§ Task brief: Write out again, exactly, the lines below starting at the one with "payload_read _ action" and ending at the one with "a.used ≡ false".

Saved data entries:
-- ===== src/Audit.antt =====
-- src/openmuse/audit.py: the chained audit log, its append and its verification. The file is its
-- complete lines, each without its newline, and what stands after the last newline. A text of JSON
-- that `json.dumps` writes has no raw newline and no raw carriage return, so a record is one line; a
-- carriage return in a line that something else has written, which also ends a line where the file is
-- read as text, is left out. The retry after a Windows sharing violation, the locks and the key stores
-- are outside; the key that an append has resolved is an argument, and so is the lookup of keys.
mod Tests
pub mod Tail
pub mod Bytes
pub mod Line
pub mod Scan
pub mod Append
pub mod Keyed
use openmuse.Common.{
  ℕ, suc, ◌+◌, String, codes, Text, ◌≡◌, Bool, true, false, not, ◌&&◌, ◌||◌, Option, none, some,
  List, [], ◌∷◌, ◌++◌, ◌==◌, if◌then◌else◌, mem, any, is_some, Outcome, ok, err, Exception,
  value_error, type_error, key_error, os_error, runtime_error, timeout_error, grant_error,
  scope_denied, broker_error, audit_key_error, master_key_error, other, message, ◌>>=◌, ◌>>◌,
  raise_if, or_raise,
}
use openmuse.Common.Json.{Json, Items, Fields, field, end, get, put, drop_key, has_key}
use openmuse.Approvals.{compare_digest}

-- What the log takes from hashlib, hmac, json and str: hexadecimal digests, `_canonical`, the text of
-- a line, its reading, and `str.lower`.
pub record Codec : Type 0 where
  pub sha256 : Text → String
  pub hmac : Text → Text → String
  pub canonical : Json → Text
  pub dumps : Json → Text
  pub loads : Text → Option Json
  pub lower : String → String

abbrev pub zero_hash : String
zero_hash = "0000000000000000000000000000000000000000000000000000000000000000"

abbrev pub sensitive : List String
sensitive = "password" ∷ "token" ∷ "secret" ∷ "authorization" ∷ "api_key" ∷ "cookie" ∷ []

abbrev pub keyed_algorithm : String
keyed_algorithm = "hmac-sha256"

-- `_RESERVED_RECORD_FIELDS.intersection(record)`
unfoldable pub has_reserved : Fields → Bool
has_reserved record_fields =
    has_key "hash" record_fields
    || has_key "previous_hash" record_fields
    || has_key "chain" record_fields
    || has_key "key_id" record_fields

pub record AuditFile : Type 0 where
  pub lines : List Text
  pub rest : Text

unfoldable pub last : List Text → Option Text
last [] = none
last (x ∷ xs) = elim (last xs) [ none ↦ some x | some y ↦ some y ]

abbrev pub is_blank : Text → Bool
is_blank [] = true
is_blank (c ∷ t) = false

module _ (c : Codec) where
  unfoldable mutual
    pub redact : Json → Json
    redact (Json.obj fs) = Json.obj (redact_fields fs)
    redact (Json.arr xs) = Json.arr (redact_items xs)
    redact Json.null = Json.null
    redact (Json.bool b) = Json.bool b
    redact (Json.num n) = Json.num n
    redact (Json.str s) = Json.str s

    pub redact_items : Items → Items
    redact_items Items.nil = Items.nil
    redact_items (Items.item x xs) = Items.item (redact x) (redact_items xs)

    pub redact_fields : Fields → Fields
    redact_fields end = end
    redact_fields (field k v fs) =
        field k (if mem (c.lower k) sensitive then Json.str "[REDACTED]" else redact v)
          (redact_fields fs)

  -- The hash of an object that is a record.
  abbrev pub string_hash : Option Json → Outcome String
  string_hash (some (Json.str s)) = ok s
  string_hash _ = err (type_error "invalid audit tail")

  abbrev pub tail_hash : Option Json → Outcome String
  tail_hash none = err (value_error "invalid JSON")
  tail_hash (some (Json.obj fs)) = string_hash (get "hash" fs)
  tail_hash (some _) = err (type_error "invalid audit tail")

  -- `last["hash"] if last else zero_hash`, for what `_last_record` gives
  unfoldable pub last_hash : AuditFile → Outcome String
  last_hash f =
      if is_blank f.rest
      then elim (last f.lines) [ none ↦ ok zero_hash | some l ↦ tail_hash (c.loads l) ]
      else err (value_error "audit log ends with incomplete record")

  -- The record with its link, and with its key's id where it is keyed, before its hash is set.
  unfoldable pub linked_record : Fields → String → Option (String × Text) → Fields
  linked_record fields previous none =
      put "previous_hash" (Json.str previous) (redact_fields fields)
  linked_record fields previous (some (key_id, key)) = put "key_id" (Json.str key_id) (
      put "chain" (Json.str keyed_algorithm)
        (put "previous_hash" (Json.str previous) (redact_fields fields)))

  unfoldable pub record_hash : Fields → Option (String × Text) → String
  record_hash clean none = c.sha256 (c.canonical (Json.obj clean))
  record_hash clean (some (key_id, key)) = c.hmac key (c.canonical (Json.obj clean))

  abbrev pub sealed : Fields → Option (String × Text) → Json
  sealed clean keys = Json.obj (put "hash" (Json.str (record_hash clean keys)) clean)

  -- `_append_once`
  unfoldable pub append_once : AuditFile → Fields → Option (String × Text) → Outcome AuditFile
  append_once f fields keys = do
    previous ← last_hash f
    ok (record f {
      lines = f.lines ++ c.dumps (sealed (linked_record fields previous keys) keys) ∷ [];
    })

  -- `AuditLog.append`; `keys` is what `_keys()` gives, or `none` for a legacy log
  unfoldable pub append : AuditFile → Fields → Outcome (Option (String × Text)) → Outcome AuditFile
  append f fields keys = do
    raise_if (has_reserved fields) (value_error "audit record must not set reserved field(s)")
    k ← keys
    append_once f fields k

-- `previous` and `seen_keyed` of the loop.
pub record Link : Type 0 where
  pub previous : String
  pub seen_keyed : Bool

-- What the loop's body does with one line: it goes on, returns `False` with a message, or raises.
pub data LineResult : Type 0 where
  linked : Link → LineResult
  refused : String → LineResult
  raised : Exception → LineResult

-- `except AuditKeyError` and `except (OSError, KeyError, ValueError, TypeError)`, with subclasses
abbrev pub caught : Exception → Bool
caught (runtime_error m) = false
caught (master_key_error m) = false
caught (other n m) = false
caught _ = true

abbrev pub is_string : Option Json → String → Bool
is_string (some (Json.str t)) s = t == s
is_string _ s = false

module _ (c : Codec) (resolve : String → Outcome (Option Text)) (require_keyed : Bool) where
  abbrev pub compared : Outcome Bool → String → Bool → LineResult
  compared (ok true) claimed keyed = linked (record { previous = claimed; seen_keyed = keyed })
  compared (ok false) claimed keyed = refused "record hash does not match"
  compared (err e) claimed keyed = raised e

  -- `hmac_compare(actual, claimed)`, then the next link
  unfoldable pub finish : String → Json → Bool → LineResult
  finish actual (Json.str claimed) keyed =
      compared (compare_digest (codes actual) (codes claimed)) claimed keyed
  finish actual _ keyed = raised (type_error "unsupported operand types(s) or combination of types")

  abbrev pub check_resolved : Outcome (Option Text) → Fields → Json → LineResult
  check_resolved (err e) fields claimed = raised e
  check_resolved (ok none) fields claimed = refused "unknown audit key id"
  check_resolved (ok (some key)) fields claimed =
      finish (c.hmac key (c.canonical (Json.obj fields))) claimed true

  unfoldable pub check_keyed : Option Json → Fields → Json → LineResult
  check_keyed (some (Json.str key_id)) fields claimed =
      check_resolved (resolve key_id) fields claimed
  check_keyed _ fields claimed = refused "keyed record is missing its key id"

  unfoldable pub check_unkeyed : Link → Fields → Json → LineResult
  check_unkeyed link fields claimed =
      if require_keyed
      then refused "record is not keyed"
      else if link.seen_keyed
      then refused "unkeyed record after keyed records"
      else finish (c.sha256 (c.canonical (Json.obj fields))) claimed false

  -- The algorithm of a record whose hash is taken out.
  unfoldable pub check_algorithm : Link → Option Json → Fields → Json → LineResult
  check_algorithm link none fields claimed = check_unkeyed link fields claimed
  check_algorithm link (some Json.null) fields claimed = check_unkeyed link fields claimed
  check_algorithm link (some (Json.str a)) fields claimed =
      if a == keyed_algorithm
      then check_keyed (get "key_id" fields) fields claimed
      else refused "unknown chain algorithm"
  check_algorithm link (some _) fields claimed = refused "unknown chain algorithm"

  unfoldable pub check_link : Link → Fields → Json → LineResult
  check_link link fields claimed =
      if is_string (get "previous_hash" fields) link.previous
      then check_algorithm link (get "chain" fields) fields claimed
      else refused "previous hash does not match"

  abbrev pub check_record : Link → Option Json → LineResult
  check_record link none = raised (value_error "invalid JSON")
  check_record link (some (Json.obj fs)) = elim (get "hash" fs) [
    | none ↦ raised (key_error "hash")
    | some claimed ↦ check_link link (drop_key "hash" fs) claimed
  ]
  check_record link (some _) = refused "audit record must be an object"

  -- The loop's body for one line.
  unfoldable pub check_line : Link → Text → LineResult
  check_line link line = check_record link (c.loads line)

  abbrev pub verdict : ℕ → Exception → Outcome (Bool × ℕ × Option String)
  verdict count e = if caught e then ok (false, count, some (message e)) else err e

  -- The loop, with the number of lines before.
  unfoldable pub check_lines : Link → ℕ → List Text → Outcome (Bool × ℕ × Option String)
  check_lines link count [] = ok (true, count, none)
  check_lines link count (l ∷ ls) = elim (check_line link l) [
    | refused m ↦ ok (false, count + 1, some m)
    | raised e ↦ verdict (count + 1) e
    | linked next ↦ check_lines next (count + 1) ls
  ]

  abbrev pub all_lines : AuditFile → List Text
  all_lines f = f.lines ++ (if is_blank f.rest then [] else f.rest ∷ [])

  -- `verify_chain`, on a file that opens or does not
  unfoldable pub verify_chain : Outcome AuditFile → Outcome (Bool × ℕ × Option String)
  verify_chain (err e) = verdict 0 e
  verify_chain (ok f) =
      check_lines (record { previous = zero_hash; seen_keyed = false }) 0 (all_lines f)
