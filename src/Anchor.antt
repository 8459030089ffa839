-- ===== src/Anchor.antt =====
-- src/openmuse/audit_anchor.py, src/openmuse/checkpoint_publisher.py: signed checkpoints of the audit
-- chain, and their publication. The lines of the file are texts of code points; `urlsplit`, the
-- canonical JSON of a checkpoint and the HTTPS exchange are parameters.
pub mod Signed
mod Tests
use openmuse.Common.{
  is_break, has_break, ℕ, ◌+◌, String, codes, Text, decimal, ◌≡◌, Bool, true, false, not, ◌&&◌,
  ◌||◌, Option, none, some, List, [], ◌∷◌, ◌++◌, ◌==◌, leb, eqb, if◌then◌else◌, all, is_some,
  Outcome, ok, err, value_error, type_error, runtime_error, ◌>>=◌, ◌>>◌, raise_if, or_raise,
}
use openmuse.Common.Json.{Json, Fields, get}
use openmuse.Approvals.{compare_digest}
use openmuse.Audit.{Codec, zero_hash, AuditFile, last, verify_chain, all_lines}

pub record AuditCheckpoint : Type 0 where
  pub records : ℕ
  pub head_hash : String
  pub created_at : ℕ
  pub signature : String

-- The last of the lines that `splitlines` makes of one line of the file.
unfoldable pub last_piece : Text → Text
last_piece [] = []
last_piece (c ∷ t) =
    let rest = last_piece t in if has_break t then rest else if is_break c then t else c ∷ t

module _ (c : Codec) where
  unfoldable pub checkpoint_message : ℕ → String → ℕ → Text
  checkpoint_message records head created_at =
      decimal records ++ 46 ∷ (codes head ++ 46 ∷ decimal created_at)

  -- `json.loads(line)["hash"]`, which has to be a text where the chain is intact
  unfoldable pub head_of : Option Json → Outcome String
  head_of none = err (value_error "invalid JSON")
  head_of (some (Json.obj fs)) = elim (get "hash" fs) [
    | some (Json.str h) ↦ ok h
    | _ ↦ err (type_error "invalid hash")
  ]
  head_of (some _) = err (type_error "invalid record")

  unfoldable pub head_hash_of : List Text → Outcome String
  head_hash_of lines = elim (last lines) [
    | none ↦ ok zero_hash
    | some l ↦ head_of (c.loads (last_piece l))
  ]

  unfoldable pub sign : Text → ℕ → String → ℕ → AuditCheckpoint
  sign signing_key records head created_at = record {
    records = records;
    head_hash = head;
    created_at = created_at;
    signature = c.hmac signing_key (checkpoint_message records head created_at);
  }

  abbrev pub counted : Bool × ℕ × Option String → Outcome ℕ
  counted (true, n, e) = ok n
  counted (false, n, e) = err (value_error "cannot anchor broken audit chain")

  unfoldable pub create_checkpoint :
      (String → Outcome (Option Text)) → AuditFile → Text → ℕ → Outcome AuditCheckpoint
  create_checkpoint resolve f signing_key now = do
    checked ← verify_chain c resolve false (ok f)
    n ← counted checked
    head ← head_hash_of (all_lines c resolve false f)
    ok (sign signing_key n head now)

  unfoldable pub verify_checkpoint : AuditCheckpoint → Text → Outcome Bool
  verify_checkpoint p signing_key =
      compare_digest (codes p.signature)
        (codes (c.hmac signing_key (checkpoint_message p.records p.head_hash p.created_at)))

-- What `urlsplit` finds in the URL.
pub record Parsed : Type 0 where
  pub scheme : String
  pub hostname : Option String
  pub username : Option String
  pub password : Option String
  pub fragment : String

pub record PublicationReceipt : Type 0 where
  pub url : String
  pub sha256 : String
  pub status : ℕ
  pub version : Option String

-- `str.replace`, `urlsplit`, the canonical text of a checkpoint, and the PUT, which gives the status
-- and the version that the server names.
pub record Web : Type 0 where
  pub fill : String → String → String
  pub urlsplit : String → Outcome Parsed
  pub canonical : AuditCheckpoint → Text
  pub put : Parsed → Text → String → Outcome (ℕ × Option String)

-- Letters, digits, `-`, `_` and `.`
abbrev pub is_safe : ℕ → Bool
is_safe c =
    (leb 97 c && leb c 122)
    || (leb 65 c && leb c 90)
    || (leb 48 c && leb c 57)
    || eqb c 45
    || eqb c 95
    || eqb c 46

abbrev pub is_set : Option String → Bool
is_set none = false
is_set (some s) = not (s == "")

abbrev pub is_plain_https : Parsed → Bool
is_plain_https p =
    p.scheme == "https"
    && is_set p.hostname
    && not (is_set p.username)
    && not (is_set p.password)
    && p.fragment == ""

abbrev pub is_stored : ℕ → Bool
is_stored status = eqb status 200 || eqb status 201 || eqb status 204

module _ (c : Codec) (w : Web) where
  -- `HTTPSPutPublisher.publish`
  unfoldable pub publish : String → AuditCheckpoint → String → Outcome PublicationReceipt
  publish url_template checkpoint object_key = do
    raise_if (object_key == "" || not (all is_safe (codes object_key)))
        (value_error "object key contains unsafe characters")
    parsed ← w.urlsplit (w.fill url_template object_key)
    raise_if (not (is_plain_https parsed))
        (value_error "publisher requires a credential-free HTTPS URL")
    response ← w.put parsed (w.canonical checkpoint) (c.sha256 (w.canonical checkpoint))
    raise_if (not (is_stored response.0)) (runtime_error "checkpoint publication failed")
    ok (record {
      url = w.fill url_template object_key;
      sha256 = c.sha256 (w.canonical checkpoint);
      status = response.0;
      version = response.1;
    })
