-- ===== src/Approvals/Issue.antt =====
-- An issued token verifies until the second at which it expires (approvals.py).
use openmuse.Common.{
  ℕ, ◌<◌, ◌≡◌, refl, true, false, none, some, [], ◌∷◌, ◌++◌, ℤ, pos, ◌+ℤ◌, leb_ℤ, Text, mem_text,
  hex, All, ok, arith, Option-cases, inl, inr, eqb_ℤ→eq, eqb_ℤ-refl, ◌∙◌, if◌then◌else◌,
  text_eq_refl, from_hex-hex, split_once-hex,
}
use openmuse.Common.Json.{Json, Fields, get, json_eq, number, size}
use openmuse.Models.{Action}
use openmuse.Runtime.{Runtime, RoundTrips, AsciiDigests}
use openmuse.Approvals.{
  ApprovalAuthority, payload, is_ascii, compare_digest, to_int, issue, decode, is_expired,
  check_payload, checked, settle, verify_token, verify,
}

pub compare_digest_refl : (s : Text) → All (λ c. c < 128) s → compare_digest s s ≡ ok true
unfolding compare_digest
compare_digest_refl s h = ground (arith, text_eq_refl s, ascii s h)
  where
    ascii : (t : Text) → All (λ c. c < 128) t → is_ascii t ≡ true
    ascii [] h = refl
    ascii (c ∷ t) h = ground (arith, ascii t h.1)

json_eq_num :
    (x : Json) (e : ℤ) → json_eq x (Json.num e) ≡ true → (number x ≡ some e) × (json_eq x x ≡ true)
unfolding json_eq
json_eq_num (Json.num n) e h = (ground (arith, eqb_ℤ→eq n e), eqb_ℤ-refl n)
json_eq_num (Json.bool true) e h = (ground (arith, eqb_ℤ→eq (pos 1) e), refl)
json_eq_num (Json.bool false) e h = (ground (arith, eqb_ℤ→eq (pos 0) e), refl)
json_eq_num _ e h = cc

payload_read :
    (p : Json) (action : Action) (e : ℤ)
    → json_eq p (payload action (Json.num e)) ≡ true
    → (fields : Fields) × (x : Json) × (p ≡ Json.obj fields)
      × (get "exp" fields ≡ some x)
      × (json_eq x (Json.num e) ≡ true)
      × (json_eq p (payload action x) ≡ true)
payload_read (Json.obj fields) action e h = elim (Option-cases (get "exp" fields)) [
  | inl missing ↦ absurd (unfold json_eq in ground (arith, missing))
  | inr (x, found) ↦
      let same : json_eq x (Json.num e) ≡ true = unfold json_eq in ground (arith, found) in
      (
        fields,
        x,
        refl,
        found,
        same,
        unfold json_eq size in ground (arith, found, json_eq_num x e same),
      )
]
payload_read _ action e h = unfold json_eq in cc

module _ (r : Runtime) where
  to_int-number : (x : Json) (e : ℤ) → number x ≡ some e → to_int r x ≡ some e
  unfolding to_int
  to_int-number (Json.num n) e h = h
  to_int-number (Json.bool true) e h = h
  to_int-number (Json.bool false) e h = h
  to_int-number _ e h = cc

  verify-nonempty :
      (a : ApprovalAuthority) (action : Action) (xs ys : Text) (c now : ℕ)
      → verify r a action (some (xs ++ c ∷ ys)) now ≡ verify_token r a action (xs ++ c ∷ ys) now
  unfolding verify
  verify-nonempty a action [] ys c now = refl
  verify-nonempty a action (x ∷ xs) ys c now = refl

  module _ (a : ApprovalAuthority) (action : Action) (ttl : ℤ) (start now : ℕ)
      (written : RoundTrips r (payload action (Json.num (pos start +ℤ ttl)))) where
    abbrev token : Text
    token = issue r a action ttl start

    abbrev raw : Text
    raw = r.dumps (payload action (Json.num (pos start +ℤ ttl)))

    decode-issue : decode r token ≡ some (raw, r.hmac a.secret raw, written.read)
    unfolding decode issue
    decode-issue = ground (
      arith,
      split_once-hex raw (r.hmac a.secret raw) written.bytes,
      from_hex-hex raw written.bytes,
      written.reads,
    )

    checked-issue :
        checked r action token now
        ≡ (if leb_ℤ (pos start +ℤ ttl) (pos now) then none else some (raw, r.hmac a.secret raw))
    unfolding checked check_payload is_expired
    checked-issue =
        let (fields, x, is_obj, found, same, bound) =
          payload_read written.read action (pos start +ℤ ttl) written.same in
        ground (
          arith,
          decode-issue,
          is_obj,
          found,
          bound,
          to_int-number x (pos start +ℤ ttl) (json_eq_num x (pos start +ℤ ttl) same).0,
        )

    -- Within its life an unused token is accepted and marked as used; from the second of its expiry
    -- on it is refused.
    pub verify-issue :
        AsciiDigests r
        → mem_text token a.used ≡ false
        → verify r a action (some token) now ≡ (
            if leb_ℤ (pos start +ℤ ttl) (pos now)
            then (ok false, a)
            else (ok true, record a { used = token ∷ a.used }))
    unfolding verify_token settle issue
    verify-issue ascii fresh =
        verify-nonempty a action (hex raw) (r.hmac a.secret raw) 46 now
        ∙ ground
            (arith, checked-issue, compare_digest_refl (r.hmac a.secret raw) (ascii a.secret raw))
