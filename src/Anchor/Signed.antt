-- ===== src/Anchor/Signed.antt =====
-- What a checkpoint says, and when none is made (audit_anchor.py, checkpoint_publisher.py).
use openmuse.Common.{String, codes, ◌≡◌, inl, inr, refl, true, all, arith, ok, Outcome-cases, subst}
use openmuse.Audit.{Codec}
use openmuse.Anchor.{
  AuditCheckpoint, Parsed, PublicationReceipt, Web, is_safe, is_plain_https, is_stored, publish,
}

module _ (c : Codec) (w : Web) where
  -- A receipt is given only after a PUT to an HTTPS host without credentials or fragment, under a key
  -- of safe characters, which the server answered with 200, 201 or 204; it names the digest of the
  -- checkpoint's canonical text that was sent.
  pub publish-ok :
      (url_template : String) (checkpoint : AuditCheckpoint) (object_key : String)
      (receipt : PublicationReceipt)
      → publish c w url_template checkpoint object_key ≡ ok receipt
      → (all is_safe (codes object_key) ≡ true)
        × ((parsed : Parsed) × (w.urlsplit receipt.url ≡ ok parsed)
            × (is_plain_https parsed ≡ true)
            × (w.put parsed (w.canonical checkpoint) receipt.sha256
                ≡ ok (receipt.status, receipt.version)))
        × (receipt.sha256 ≡ c.sha256 (w.canonical checkpoint))
        × (is_stored receipt.status ≡ true)
  unfolding publish
  publish-ok url_template checkpoint object_key receipt h =
      elim (Outcome-cases (w.urlsplit (w.fill url_template object_key))) [
        | inr (x, e) ↦ absurd (ground (arith, h, e))
        | inl (parsed, e) ↦
            elim (Outcome-cases
              (w.put parsed (w.canonical checkpoint) (c.sha256 (w.canonical checkpoint)))) [
                | inr (x, g) ↦ absurd (ground (arith, h, e, g))
                | inl ((status, version), g) ↦
                    let is_r : record {
                      url = w.fill url_template object_key;
                      sha256 = c.sha256 (w.canonical checkpoint);
                      status = status;
                      version = version;
                    }
                        ≡ receipt =
                      ground (arith, h, e, g) in
                    subst Good is_r (
                      ground (arith, h, e, g),
                      (parsed, e, ground (arith, h, e, g), g),
                      refl,
                      ground (arith, h, e, g),
                    )
              ]
      ]
    where
      Good : PublicationReceipt → Type 0
      Good r =
          (all is_safe (codes object_key) ≡ true)
          × ((parsed : Parsed) × (w.urlsplit r.url ≡ ok parsed)
              × (is_plain_https parsed ≡ true)
              × (w.put parsed (w.canonical checkpoint) r.sha256 ≡ ok (r.status, r.version)))
          × (r.sha256 ≡ c.sha256 (w.canonical checkpoint))
          × (is_stored r.status ≡ true)
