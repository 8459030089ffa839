-- ===== src/Anchor/Tests.antt =====
-- A chain of one line with a line separator in it (audit_anchor.py, checkpoint_publisher.py).
use openmuse.Common.{
  String, Text, text_eq, ◌≡◌, refl, Option, none, some, [], ◌∷◌, if◌then◌else◌, Outcome, ok, err,
  value_error,
}
use openmuse.Common.Json.{Json, field, end, get, drop_key}
use openmuse.Approvals.{compare_digest}
use openmuse.Audit.{
  Codec, zero_hash, AuditFile, last, verify_chain, check_lines, check_line, check_link,
  check_algorithm, check_unkeyed, check_keyed, finish,
}
use openmuse.Anchor.{
  AuditCheckpoint, last_piece, checkpoint_message, head_of, head_hash_of, sign, create_checkpoint,
  verify_checkpoint, Parsed, PublicationReceipt, Web, publish,
}

abbrev first : Json
first = Json.obj (field "previous_hash" (Json.str zero_hash) (field "hash" (Json.str "h") end))

-- Lines 1, and 1, a separator, 2, are records; 2 alone is not.
abbrev toy : Codec
toy = record {
  sha256 = λ t. "h";
  hmac = λ k t. "m";
  canonical = λ v. [];
  dumps = λ v. [];
  loads = λ t. if text_eq t (2 ∷ []) then none else some first;
  lower = λ s. s;
}

abbrev resolve : String → Outcome (Option Text)
resolve k = ok none

abbrev one : AuditFile
one = record { lines = (1 ∷ []) ∷ []; rest = [] }

abbrev separated : AuditFile
separated = record { lines = (1 ∷ 8232 ∷ 2 ∷ []) ∷ []; rest = [] }

abbrev signed : AuditCheckpoint
signed = record { records = 1; head_hash = "h"; created_at = 9; signature = "m" }

program : Unit {0}
unfolding last verify_chain check_lines check_line check_link check_algorithm check_unkeyed
    check_keyed finish get drop_key text_eq compare_digest last_piece checkpoint_message head_of
    head_hash_of sign create_checkpoint verify_checkpoint publish
program = tt

-- At a raw line separator, which JSON allows within a text, `splitlines` breaks the last line, and the
-- chain that verifies is not anchored.
not_anchored : create_checkpoint toy resolve separated (7 ∷ []) 9 ≡ err (value_error "invalid JSON")
unfolding program
not_anchored = refl

abbrev host : Parsed
host = record {
  scheme = "https";
  hostname = some "store";
  username = none;
  password = none;
  fragment = "";
}

abbrev web : Web
web = record {
  fill = λ t k. "https://store/k";
  urlsplit = λ u. ok host;
  canonical = λ p. [];
  put = λ p t d. ok (201, some "v1");
}

abbrev receipt : PublicationReceipt
receipt = record { url = "https://store/k"; sha256 = "h"; status = 201; version = some "v1" }
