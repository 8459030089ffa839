-- ===== src/ApprovalService.antt =====
-- src/openmuse/approval_service.py: approval requests in a table, decided once. The clock's reading is
-- in whole seconds. A transaction that raises is rolled back, so the table is then as it was.
pub mod Create
pub mod Decide
mod Tests
use openmuse.Common.{
  ℕ, ◌+◌, String, codes, Text, decimal, ◌≡◌, Bool, true, false, not, ◌&&◌, ◌||◌, Option, none, some,
  List, [], ◌∷◌, ◌++◌, ◌==◌, leb, if◌then◌else◌, Dict, lookup, insert, contains, Outcome, ok, err,
  value_error, other, ◌>>=◌, ◌>>◌, raise_if, or_raise,
}
use openmuse.Common.Json.{Json, field, end}
use openmuse.Models.{Action}
use openmuse.Runtime.{Runtime}
use openmuse.Approvals.{compare_digest}

pub record ApprovalRequest : Type 0 where
  pub id : String
  pub action_json : Text
  pub identity : String
  pub destination : String
  pub expires_at : ℕ
  pub status : String

-- The table `approvals`, by primary key.
abbrev pub Table : Type 0
Table = Dict ApprovalRequest

abbrev pub interrupt : ApprovalRequest → ApprovalRequest
interrupt q = if q.status == "pending" then record q { status = "interrupted" } else q

-- `__init__`: `UPDATE approvals SET status='interrupted' WHERE status='pending'`
unfoldable pub restart : Table → Table
restart [] = []
restart ((id, q) ∷ t) = (id, interrupt q) ∷ restart t

abbrev pub is_verdict : String → Bool
is_verdict decision = decision == "approved" || decision == "denied"

module _ (r : Runtime) (session_key : Text) where
  -- `_session`
  unfoldable pub session_of : String → ℕ → Text
  session_of request_id expires_at =
      r.hmac session_key (codes request_id ++ 46 ∷ decimal expires_at)

  -- The new request, by its fresh id; a repeated id violates the primary key.
  unfoldable pub create :
      Table → Action → String → String → ℕ → String → ℕ → Outcome ((ApprovalRequest × Text) × Table)
  create t action identity destination ttl_seconds fresh_id now = do
    let request =
        let q : ApprovalRequest = record {
          id = fresh_id;
          action_json = r.dumps (
              Json.obj (
                field "id" (Json.str action.id) (
                  field "tool" (Json.str action.tool)
                    (field "arguments" (Json.obj action.arguments) end))));
          identity = identity;
          destination = destination;
          expires_at = now + ttl_seconds;
          status = "pending";
        } in
        q
    raise_if (contains fresh_id t) (other "IntegrityError" "UNIQUE constraint failed: approvals.id")
    ok ((request, session_of fresh_id (now + ttl_seconds)), insert fresh_id request t)

  -- The checks of `decide` on the row that it found, in their order.
  unfoldable pub check_request : ApprovalRequest → Text → ℕ → Outcome (Unit {0})
  check_request q session now = do
    same ← compare_digest session (session_of q.id q.expires_at)
    raise_if (not same) (value_error "invalid approval session")
    raise_if (leb q.expires_at now) (value_error "approval expired")
    raise_if (not (q.status == "pending")) (value_error "approval already decided")

  -- `decide`: what it returns and the table with the decision.
  unfoldable pub decide : Table → String → Text → String → ℕ → Outcome (ApprovalRequest × Table)
  decide t request_id session decision now = do
    raise_if (not (is_verdict decision)) (value_error "invalid decision")
    q ← or_raise (lookup request_id t) (value_error "unknown approval")
    check_request q session now
    ok (record q { status = decision }, insert request_id (record q { status = decision }) t)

§ Solution for this task:
payload_read _ action e h = unfold json_eq in cc

module _ (r : Runtime) where
  to_int-number : (x : Json) (e : ℤ) → number x ≡ some e → to_int r x ≡ some e
  unfolding to_int
  to_int-number (Json.num n) e h = h
  to_int-number (Json.bool true) e h = h
  to_int-number (Json.bool false) e h = h
  to_int-number _ e h = cc

  verify-nonempty :
      (a : ApprovalAuthority) (action : Action) (xs ys : Text) (c now : ℕ)
      → verify r a action (some (xs ++ c ∷ ys)) now ≡ verify_token r a action (xs ++ c ∷ ys) now
  unfolding verify
  verify-nonempty a action [] ys c now = refl
  verify-nonempty a action (x ∷ xs) ys c now = refl

  module _ (a : ApprovalAuthority) (action : Action) (ttl : ℤ) (start now : ℕ)
      (written : RoundTrips r (payload action (Json.num (pos start +ℤ ttl)))) where
    abbrev token : Text
    token = issue r a action ttl start

    abbrev raw : Text
    raw = r.dumps (payload action (Json.num (pos start +ℤ ttl)))

    decode-issue : decode r token ≡ some (raw, r.hmac a.secret raw, written.read)
    unfolding decode issue
    decode-issue = ground (
      arith,
      split_once-hex raw (r.hmac a.secret raw) written.bytes,
      from_hex-hex raw written.bytes,
      written.reads,
    )

    checked-issue :
        checked r action token now
        ≡ (if leb_ℤ (pos start +ℤ ttl) (pos now) then none else some (raw, r.hmac a.secret raw))
    unfolding checked check_payload is_expired
    checked-issue =
        let (fields, x, is_obj, found, same, bound) =
          payload_read written.read action (pos start +ℤ ttl) written.same in
        ground (
          arith,
          decode-issue,
          is_obj,
          found,
          bound,
          to_int-number x (pos start +ℤ ttl) (json_eq_num x (pos start +ℤ ttl) same).0,
        )

    -- Within its life an unused token is accepted and marked as used; from the second of its expiry
    -- on it is refused.
    pub verify-issue :
        AsciiDigests r
        → mem_text token a.used ≡ false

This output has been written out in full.